Spanish typically eat jamón at lunch or dinner. However, you can grab a jamón sandwich at any time of the day in Spain.

What should I serve with it? Bread? Cheese? Olives?
When the jamón Ibérico is served as a starter, you may find some Manchego cheese and olives served alongside it. However, the jamón is always the star.

What should I drink with it? Cava? Sherry? Beer? Whisky? Red wine?
Any of the above except for whisky. A cold dry sherry or manzanilla creates a great combination with the sweet and nutty Iberian ham. Any wine (red, white, rosé, sparkling) or even beer goes well too.

Any tips for serving it?
It is best to serve the jamón freshly sliced and at room temperature. The thinner the slices the better. It is also important to leave the fat on.

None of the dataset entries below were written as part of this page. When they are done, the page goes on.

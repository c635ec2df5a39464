-- ===== src/Screen/Segments.antt =====
-- src/screen/segments.rs: cutting the encoder's stdout into whole fMP4 segments.
pub mod Cuts
pub mod Take
pub mod Chunks
pub mod Reads
pub mod Boxes
pub mod Layout
pub mod InitOnce
mod Examples
use cast_app.Common.{
  ℕ, zero, suc, ◌+◌, ◌*◌, ◌^◌, Bool, true, false, not, ◌&&◌, ◌||◌, List, [], ◌∷◌, ◌++◌, length,
  take, drop, get_or, ltb, ◌==◌, if◌then◌else◌,
}
use cast_app.Common.Bytes.{from_be32}
use cast_app.Common.Text.{Text, codes, text_eq}

-- `MAX_BOX_BYTES`, 64 MiB.
abbrev pub max_box_bytes : ℕ
max_box_bytes = 64 * 1024 * 1024

pub data EncodedSegment : Type 0 where
  init_segment fragment_segment : List ℕ → EncodedSegment

unfoldable pub bytes : EncodedSegment → List ℕ
bytes (init_segment b) = b
bytes (fragment_segment b) = b

unfoldable pub len : EncodedSegment → ℕ
unfolding bytes
len segment = length (bytes segment)

unfoldable pub is_empty : EncodedSegment → Bool
unfolding len
is_empty segment = len segment == 0

pub record Mp4Segmenter : Type 0 where
  pub pending : List ℕ
  pub init : List ℕ
  pub init_emitted : Bool
  pub fragment : List ℕ
  pub in_fragment : Bool
  pub opaque : Bool

unfoldable pub new : Mp4Segmenter
new = record {
  pending = [];
  init = [];
  init_emitted = false;
  fragment = [];
  in_fragment = false;
  opaque = false;
}

abbrev pub is_nil : List ℕ → Bool
is_nil [] = true
is_nil (b ∷ bs) = false

unfoldable pub enter_opaque :
    Mp4Segmenter → List EncodedSegment → Mp4Segmenter × List EncodedSegment
enter_opaque s out =
    let emits = not s.init_emitted && not (is_nil s.init) in
    (
      record s {
        pending = [];
        init = if emits then [] else s.init;
        fragment = [];
        in_fragment = false;
        opaque = true;
      },
      if emits then out ++ (init_segment s.init ∷ []) else out,
    )

-- `if !self.init_emitted { … }` of a `moof` box.
abbrev pub emit_init : Mp4Segmenter → List EncodedSegment → Mp4Segmenter × List EncodedSegment
emit_init s out =
    if s.init_emitted
    then (s, out)
    else if is_nil s.init
    then (record s { init_emitted = true }, out)
    else (record s { init = []; init_emitted = true }, out ++ (init_segment s.init ∷ []))

-- `if self.in_fragment { … }` of a `moof` box.
abbrev pub flush_fragment : Mp4Segmenter → List EncodedSegment → Mp4Segmenter × List EncodedSegment
flush_fragment s out =
    if s.in_fragment
    then (record s { fragment = [] }, out ++ (fragment_segment s.fragment ∷ []))
    else (s, out)

abbrev pub take_moof :
    List ℕ → Mp4Segmenter → List EncodedSegment → Mp4Segmenter × List EncodedSegment
take_moof box s out =
    let (s1, out1) = emit_init s out in
    let (s2, out2) = flush_fragment s1 out1 in
    (record s2 { fragment = box; in_fragment = true }, out2)

abbrev pub moof : Text
moof = codes "moof"

abbrev pub mdat : Text
mdat = codes "mdat"

-- `match &kind`.
unfoldable pub take_box :
    Text → List ℕ → Mp4Segmenter → List EncodedSegment → Mp4Segmenter × List EncodedSegment
take_box kind box s out =
    if text_eq kind moof
    then take_moof box s out
    else if text_eq kind mdat && s.in_fragment
    then (
      record s { fragment = []; in_fragment = false },
      out ++ (fragment_segment (s.fragment ++ box) ∷ []),
    )
    else if s.in_fragment
    then (record s { fragment = s.fragment ++ box }, out)
    else (record s { init = s.init ++ box }, out)

-- One round of the loop: it breaks, or a box was taken.
pub data Round : Type 0 where
  stop next : Mp4Segmenter × List EncodedSegment → Round

-- `split_off`, and what is done with the box.
abbrev pub split_box : ℕ → Mp4Segmenter → List EncodedSegment → Mp4Segmenter × List EncodedSegment
split_box total s out =
    take_box (take 4 (drop 4 s.pending)) (take total s.pending)
      (record s { pending = drop total s.pending }) out

-- A box of a known size.
unfoldable pub sized : ℕ → ℕ → Mp4Segmenter → List EncodedSegment → Round
sized header_len total s out =
    if ltb total header_len || ltb max_box_bytes total
    then stop (enter_opaque s out)
    else if ltb (length s.pending) total
    then stop (s, out)
    else next (split_box total s out)

-- `u32::from_be_bytes` of the four bytes from a place on.
abbrev pub be32_at : ℕ → List ℕ → ℕ
be32_at i b =
    from_be32 (get_or b i 0) (get_or b (i + 1) 0) (get_or b (i + 2) 0) (get_or b (i + 3) 0)

-- `match size_field`.
unfoldable pub with_size : ℕ → Mp4Segmenter → List EncodedSegment → Round
with_size size_field s out =
    if size_field == 0
    then stop (enter_opaque s out)
    else if size_field == 1
    then if ltb (length s.pending) 16
      then stop (s, out)
      else sized 16 (be32_at 8 s.pending * 2 ^ 32 + be32_at 12 s.pending) s out
    else if ltb size_field 8
    then stop (enter_opaque s out)
    else sized 8 size_field s out

unfoldable pub round : Mp4Segmenter → List EncodedSegment → Round
round s out =
    if ltb (length s.pending) 8 then stop (s, out) else with_size (be32_at 0 s.pending) s out

abbrev pub after_round {ℓ} :
    {A : Type ℓ}
    → Round
    → (Mp4Segmenter × List EncodedSegment → A)
    → (Mp4Segmenter → List EncodedSegment → A)
    → A
after_round (stop result) broken more = broken result
after_round (next (s, out)) broken more = more s out

-- The loop. A box takes 8 bytes at least, so the fuel that `feed` gives is not used up.
unfoldable pub box_loop :
    ℕ → Mp4Segmenter → List EncodedSegment → Mp4Segmenter × List EncodedSegment
box_loop zero s out = (s, out)
box_loop (suc fuel) s out = after_round (round s out) (λ result. result) (box_loop fuel)

unfoldable pub feed : Mp4Segmenter → List ℕ → Mp4Segmenter × List EncodedSegment
feed s chunk =
    if s.opaque
    then (s, fragment_segment chunk ∷ [])
    else box_loop (length (s.pending ++ chunk)) (record s { pending = s.pending ++ chunk }) []

unfoldable pub finish : Mp4Segmenter → Mp4Segmenter × List EncodedSegment
finish s =
    if s.opaque || s.init_emitted
    then (s, [])
    else if is_nil (s.init ++ s.pending)
    then (record s { init = s.init ++ s.pending; pending = [] }, [])
    else (record s { init = []; pending = [] }, init_segment (s.init ++ s.pending) ∷ [])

What's the story with those excellent cradles?
We call these 'jamóneros' in Spanish and this is the way the jamón is served and presented in Spain - with the bone in, cradled in a jamónero. It is all part of the theatre of jamón. In good restaurants in Spain you will find a specialised waiter who will hand-slice the jamón in front of the guests and serve it straight to the table. It is very important to have this hand-sliced properly and with a certain process to best use the jamón and to achieve thin slices.

How long does jamón keep?
It is best kept in the fridge for up to 12 months. It is a rather robust produce.

How much does jamón Ibérico cost?
Jamón Ibérico de bellota retails between $400-$500 per kilo.

Is the rear leg ('jamón') better than the front leg or shoulder ('paleta')?
There are common misconceptions that the rear leg (jamón) is better than the shoulder or front leg (paleta). This is not the case and you will find an equally rich, nutty, marbled ham from both the shoulder and the rear leg.

Is jamón better the longer it is cured?
Again, it is another misconception that the longer a jamón is cured, the better it must be. Curing jamón is a careful process that needs to be monitored under the right conditions and will vary according to the weight of the ham and environmental factors. Generally speaking, an average-sized jamón Ibérico can take from 24 to 36 months to cure. There is a balance that needs to be achieved to get the jamón right as over-curing can dry out the ham.